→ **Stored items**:
□ □ □ □

-- ===== src/Tools/Calls/Scenes.antt =====
-- `dispatchOneTool` of internal/usecase/gm.go: the calls on the files of a world, and `EndOfDay`.
use narrative_ai_agent.Prelude.{
  Bool, false, not, ◌&&◌, Option, none, some, List, [], ◌∷◌, ◌++◌, if◌then◌else◌, keep, map, is_nil,
  Result, ok, err,
}
use narrative_ai_agent.Prelude.Int.{ℤ, pos, eqb_ℤ}
use narrative_ai_agent.Prelude.Text.{Text, lit, is_empty, trim_space, text_eq}
use narrative_ai_agent.Prelude.Find.{split_on}
use narrative_ai_agent.Repositories.{invalidate}
use narrative_ai_agent.Session.{SessionContext, start}
use narrative_ai_agent.Tools.Archive.{archive_chronicle_day}
use narrative_ai_agent.Tools.Stage.{apply_pending_stage_tool}
use narrative_ai_agent.Tools.State.{StateUpdate, update_state}
use narrative_ai_agent.Tools.World.{leave}
use narrative_ai_agent.Tools.Scene.{end_scene, rotate_plan}
use narrative_ai_agent.Tools.Maintain.{
  MaintainError, maintain_lore, maintain_npcs, maintain_character_memory,
}
use narrative_ai_agent.Tools.Calls.{
  text_value, int_value, bool_value, array_value, Fields, field, to_text, to_int, to_bool, to_texts,
  Refusal, Payload, plain, fields, Do, done, ◌>>=◌, ◌>>◌, attempt, on_store, needs, current_world,
  is_full, stable, Backend,
}

module _ (b : Backend) where
  unfoldable pub after_stage : Result Refusal (Unit {0}) → Do (Unit {0})
  unfolding on_store invalidate done
  after_stage (ok u) = on_store (invalidate (lit "end_day_stage_transition"))
  after_stage (err e) = done tt

  abbrev or_touched : Result MaintainError (List Text) → List Text
  or_touched (ok touched) = touched
  or_touched (err e) = []

  unfoldable pub maintain_profiles : Text → Do (Unit {0})
  unfolding maintain_npcs on_store invalidate done
  maintain_profiles world w =
      let (r, s) = maintain_npcs b.maintenance world w.npcs in
      (if is_nil (or_touched r)
          then done tt
          else on_store (invalidate (lit "end_day_maintain_npc")))
        (record w { npcs = s })

  abbrev or_unchanged : Result MaintainError Bool → Bool
  or_unchanged (ok rewritten) = rewritten
  or_unchanged (err e) = false

  unfoldable pub maintain_memory : Text → Result Refusal SessionContext → Do (Unit {0})
  unfolding maintain_character_memory on_store invalidate done
  maintain_memory world (err e) w = (ok tt, w)
  maintain_memory world (ok sc) w =
      let (r, s) =
        maintain_character_memory b.maintenance world sc.character (w.store.chronicles world)
          w.characters in
      if is_empty sc.character
      then (ok tt, w)
      else (if or_unchanged r
            then on_store (invalidate (lit "end_day_maintain_memory"))
            else done tt)
          (record w { characters = s })

  -- `EndOfDay`, which answers no error.
  unfoldable pub end_of_day : Text → Do (Unit {0})
  unfolding attempt on_store apply_pending_stage_tool after_stage maintain_profiles maintain_memory
      start done ◌>>=◌
  end_of_day world = if is_empty world then done tt else do
    attempt (on_store (apply_pending_stage_tool b.read_staging b.staging_files world)) after_stage
    maintain_profiles world
    attempt (on_store start) (maintain_memory world)

  unfoldable pub call_end_day : Fields → Do Payload
  unfolding field to_int needs current_world end_of_day on_store archive_chronicle_day done ◌>>=◌
  call_end_day args = do
    needs
        (not (eqb_ℤ (to_int (field (lit "day") args)) (pos 0))
          && is_full (to_text (field (lit "summary") args)))
        (lit "end_day requires day and summary")
    world ← current_world
    end_of_day world
    on_store (
        archive_chronicle_day b.hooks world (to_int (field (lit "day") args))
          (to_text (field (lit "summary") args)))
    done (plain (lit "archived"))

  abbrev or_nil : List Text → Option (List Text)
  or_nil [] = none
  or_nil (t ∷ ts) = some (t ∷ ts)

  -- The names of `permanent_party`.
  unfoldable party_of : Text → Option (List Text)
  unfolding split_on trim_space
  party_of raw =
      if is_empty raw then none else or_nil (keep is_full (map trim_space (split_on b',' raw)))

  unfoldable pub forget_chats : Do (Unit {0})
  forget_chats w = (ok tt, record w { chats = [] })

  -- Without a party the session is started, and nothing is done with it.
  unfoldable pub call_end_scene : Fields → Do Payload
  unfolding field current_world party_of attempt start end_scene on_store forget_chats invalidate
      done ◌>>=◌
  call_end_scene args = do
    world ← current_world
    if is_full (to_text (field (lit "permanent_party") args))
        then done tt
        else attempt (on_store start) (λ r. done tt)
    res ←
        on_store (
          end_scene (map b.to_lower) world
            (party_of (to_text (field (lit "permanent_party") args))))
    forget_chats
    on_store (invalidate (lit "end_scene"))
    done (
        fields (
          (lit "status", text_value (lit "scene_closed"))
          ∷ (lit "kept_npcs", array_value (map (λ n. some n) res.kept_npcs))
          ∷ (lit "pruned_npcs_len", int_value (pos res.pruned_npcs_len))
          ∷ (lit "hint", text_value (lit "next turn rebuilds the scene around the kept roster"))
          ∷ []))

  unfoldable pub call_maintain_lore : Do Payload
  unfolding current_world on_store maintain_lore done ◌>>=◌
  call_maintain_lore = do
    world ← current_world
    rewritten ← on_store (maintain_lore b.maintenance.summarize_lore world)
    done (fields ((lit "compacted", bool_value rewritten) ∷ []))

  -- The update of a scene on the day of the snapshot; neither a world nor a location is given.
  unfoldable pub scene_update : Bool → Text → Option (List Text) → List Text → ℤ → StateUpdate
  scene_update in_flight moment npcs events day = record {
    world = [];
    day = day;
    in_flight = in_flight;
    location = [];
    moment = moment;
    npcs = npcs;
    append_events = events;
  }

  unfoldable pub run_scene_update : Bool → Text → Option (List Text) → List Text → Do (Unit {0})
  unfolding scene_update on_store update_state
  run_scene_update in_flight moment npcs events w =
      on_store
        (update_state (map b.to_lower) b.render (scene_update in_flight moment npcs events w.day)) w

  abbrev pub recorded : Text → List Text → Payload
  recorded moment npcs = stable (
      (lit "status", text_value (lit "recorded"))
      ∷ (lit "delta", text_value (lit "локация/момент обновлены: " ++ moment))
      ∷ (lit "npcs_now", array_value (map (λ n. some n) npcs))
      ∷ [])

  unfoldable pub call_update_state : Fields → Do Payload
  unfolding field to_texts needs run_scene_update done ◌>>=◌
  call_update_state args =
      let moment = to_text (field (lit "moment") args) in
      let npcs = to_texts (field (lit "npcs") args) in
      do
        needs (is_full moment) (lit "update_state requires moment")
        run_scene_update (to_bool (field (lit "in_flight") args)) moment (some npcs)
            (to_texts (field (lit "events") args))
        done (recorded moment npcs)

  unfoldable pub call_rotate_plan : Fields → Do Payload
  unfolding field to_texts current_world on_store rotate_plan done ◌>>=◌
  call_rotate_plan args = do
    world ← current_world
    on_store (rotate_plan world (to_texts (field (lit "events") args)))
    done (plain (lit "plan rotated"))

  -- `ResetConversation` of the chat with this name.
  unfoldable pub forget_chat : Text → Do (Unit {0})
  unfolding text_eq
  forget_chat chat w = (ok tt, record w { chats = keep (λ c. not (text_eq c chat)) w.chats })

  unfoldable pub call_leave_world : Fields → Do Payload
  unfolding field start on_store leave forget_chat done ◌>>=◌
  call_leave_world args = do
    sc ← on_store start
    on_store (
        leave b.to_lower b.show_int sc.world (to_text (field (lit "to_world") args))
          (to_text (field (lit "skip_note") args)) sc.character)
    forget_chat sc.character
    done (plain (lit "world switched"))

□ □ □ □

→ **What the task asks**: Copy out all lines above that include the string "Refusal".

→ **Output of the exercise**:
  Refusal, Payload, plain, fields, Do, done, ◌>>=◌, ◌>>◌, attempt, on_store, needs, current_world,
  unfoldable pub after_stage : Result Refusal (Unit {0}) → Do (Unit {0})
  unfoldable pub maintain_memory : Text → Result Refusal SessionContext → Do (Unit {0})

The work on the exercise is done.